-- Exercise instructions --
Go through the records and give each one again exactly.

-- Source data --

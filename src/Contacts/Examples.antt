-- ===== src/Contacts/Examples.antt =====
-- Two contacts, exported and imported.
use orpal.Base.{String, Bool, true, false, [], ◌∷◌, none, some, ◌≡◌, refl, ◌↔◌}
use orpal.Base.KeySet.{contains}
use orpal.Json.{Json, object, field, text, end, lookup}
use orpal.Contacts.{
  Contact, ContactCard, valid, invalid, parse_contact_card, serialize_card, check_fields,
  check_binding, short_key,
}
use orpal.Contacts.Genuine.{IsBound, IsCard, parse_contact_card_iff}
use orpal.Contacts.Bundle.{ImportOptions, skip, export_contacts, import_contacts}
use orpal.Contacts.Import.{Outcome, import_contacts-Admissible}
use orpal.Contacts.RoundTrip.{
  IsPortable, all_restored, parse-serialize_card, import-export_contacts,
}

-- Stands for the library's check of the signature: a binding with a `sig` passes.
abbrev signed : Json → Bool
signed (object (field k (text s) (field l (text t) (field m v fs)))) = true
signed _ = false

abbrev binding : (identity transport : String) → Json
binding identity transport = object (
    field "identity_key" (text identity)
      (field "transport_key" (text transport) (field "sig" (text "s") end)))

abbrev bob_card : ContactCard
bob_card = record {
  identity_key = "bob";
  transport_key = "kb";
  binding = binding "bob" "kb";
  name = some "Bob";
}

-- A card that pairs Bob's identity with another transport key.
abbrev forged : ContactCard
forged = record bob_card { transport_key = "km" }

forged-rejected :
    parse_contact_card signed (serialize_card forged) ≡ invalid "binding-transport-mismatch"
unfolding parse_contact_card serialize_card lookup check_fields check_binding
forged-rejected = refl

short : short_key "abcdefghijklmnop" ≡ "abcdef…mnop"
unfolding short_key
short = refl

bound :
    (identity transport : String) → IsBound signed identity transport (binding identity transport)
unfolding lookup
bound identity transport = record { signed = refl; identity = refl; transport = refl }

parse_contact_card_iff_example :
    (parse_contact_card signed (serialize_card forged) ≡ valid forged)
    ↔ IsCard signed (serialize_card forged) forged
parse_contact_card_iff_example = parse_contact_card_iff signed (serialize_card forged) forged

parse-serialize_card_example : parse_contact_card signed (serialize_card bob_card) ≡ valid bob_card
parse-serialize_card_example = parse-serialize_card signed bob_card (bound "bob" "kb") refl

abbrev bob : Contact
bob = record {
  identity_key = "bob";
  transport_key = "kb";
  binding = binding "bob" "kb";
  display_name = "Bob";
  relay_only = true;
  preferred_boards = none;
  fallback_boards = some ("b1" ∷ []);
  auto_accept_migration = none;
  added_utc = "2025-01-01";
  is_loopback = none;
}

abbrev carol : Contact
carol = record bob {
  identity_key = "carol";
  binding = binding "carol" "kb";
  display_name = "Carol";
}

abbrev opts : ImportOptions
opts = record {
  on_collision = skip;
  existing_keys = "dave" ∷ [];
  own_key = some "erin";
  now = "2026-01-01";
}

portable : IsPortable signed opts bob × IsPortable signed opts carol
unfolding contains
portable = (
  record { bound = bound "bob" "kb"; carried = refl; dated = refl; foreign = refl; absent = refl },
  record {
    bound = bound "carol" "kb";
    carried = refl;
    dated = refl;
    foreign = refl;
    absent = refl;
  },
)

import-export_contacts_example :
    (import_contacts signed (export_contacts "2025-06-01" (bob ∷ carol ∷ [])) opts).contacts
    ≡ all_restored (bob ∷ carol ∷ [])
unfolding contains
import-export_contacts_example =
    import-export_contacts signed opts (bob ∷ carol ∷ []) "2025-06-01"
      (portable.0, (portable.1, tt)) (refl, (refl, tt))

import_contacts-Admissible_example :
    Outcome signed opts
      (export_contacts "2025-06-01" (bob ∷ bob ∷ []))
      (import_contacts signed (export_contacts "2025-06-01" (bob ∷ bob ∷ [])) opts)
import_contacts-Admissible_example =
    import_contacts-Admissible signed (export_contacts "2025-06-01" (bob ∷ bob ∷ [])) opts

-- Written answer --
filename src/Contacts/Examples.antt
-- ===== src/Contacts/Examples.antt =====
-- Two contacts, exported and imported.
use orpal.Base.{String, Bool, true, false, [], ◌∷◌, none, some, ◌≡◌, refl, ◌↔◌}
use orpal.Base.KeySet.{contains}
use orpal.Json.{Json, object, field, text, end, lookup}
use orpal.Contacts.{
  Contact, ContactCard, valid, invalid, parse_contact_card, serialize_card, check_fields,
  check_binding, short_key,
}
use orpal.Contacts.Genuine.{IsBound, IsCard, parse_contact_card_iff}
use orpal.Contacts.Bundle.{ImportOptions, skip, export_contacts, import_contacts}
use orpal.Contacts.Import.{Outcome, import_contacts-Admissible}
use orpal.Contacts.RoundTrip.{
  IsPortable, all_restored, parse-serialize_card, import-export_contacts,
}

-- Stands for the library's check of the signature: a binding with a `sig` passes.
abbrev signed : Json → Bool
signed (object (field k (text s) (field l (text t) (field m v fs)))) = true
signed _ = false

abbrev binding : (identity transport : String) → Json
binding identity transport = object (
    field "identity_key" (text identity)
      (field "transport_key" (text transport) (field "sig" (text "s") end)))

abbrev bob_card : ContactCard
bob_card = record {
  identity_key = "bob";
  transport_key = "kb";
  binding = binding "bob" "kb";
  name = some "Bob";
}

-- A card that pairs Bob's identity with another transport key.
abbrev forged : ContactCard
forged = record bob_card { transport_key = "km" }

forged-rejected :
    parse_contact_card signed (serialize_card forged) ≡ invalid "binding-transport-mismatch"
unfolding parse_contact_card serialize_card lookup check_fields check_binding
forged-rejected = refl

short : short_key "abcdefghijklmnop" ≡ "abcdef…mnop"
unfolding short_key
short = refl

bound :
    (identity transport : String) → IsBound signed identity transport (binding identity transport)
unfolding lookup
bound identity transport = record { signed = refl; identity = refl; transport = refl }

parse_contact_card_iff_example :
    (parse_contact_card signed (serialize_card forged) ≡ valid forged)
    ↔ IsCard signed (serialize_card forged) forged
parse_contact_card_iff_example = parse_contact_card_iff signed (serialize_card forged) forged

parse-serialize_card_example : parse_contact_card signed (serialize_card bob_card) ≡ valid bob_card
parse-serialize_card_example = parse-serialize_card signed bob_card (bound "bob" "kb") refl

abbrev bob : Contact
bob = record {
  identity_key = "bob";
  transport_key = "kb";
  binding = binding "bob" "kb";
  display_name = "Bob";
  relay_only = true;
  preferred_boards = none;
  fallback_boards = some ("b1" ∷ []);
  auto_accept_migration = none;
  added_utc = "2025-01-01";
  is_loopback = none;
}

abbrev carol : Contact
carol = record bob {
  identity_key = "carol";
  binding = binding "carol" "kb";
  display_name = "Carol";
}

abbrev opts : ImportOptions
opts = record {
  on_collision = skip;
  existing_keys = "dave" ∷ [];
  own_key = some "erin";
  now = "2026-01-01";
}

portable : IsPortable signed opts bob × IsPortable signed opts carol
unfolding contains
portable = (
  record { bound = bound "bob" "kb"; carried = refl; dated = refl; foreign = refl; absent = refl },
  record {
    bound = bound "carol" "kb";
    carried = refl;
    dated = refl;
    foreign = refl;
    absent = refl;
  },
)

import-export_contacts_example :
    (import_contacts signed (export_contacts "2025-06-01" (bob ∷ carol ∷ [])) opts).contacts
    ≡ all_restored (bob ∷ carol ∷ [])
unfolding contains
import-export_contacts_example =
    import-export_contacts signed opts (bob ∷ carol ∷ []) "2025-06-01"
      (portable.0, (portable.1, tt)) (refl, (refl, tt))

import_contacts-Admissible_example :
    Outcome signed opts
      (export_contacts "2025-06-01" (bob ∷ bob ∷ []))
      (import_contacts signed (export_contacts "2025-06-01" (bob ∷ bob ∷ [])) opts)
import_contacts-Admissible_example =
    import_contacts-Admissible signed (export_contacts "2025-06-01" (bob ∷ bob ∷ [])) opts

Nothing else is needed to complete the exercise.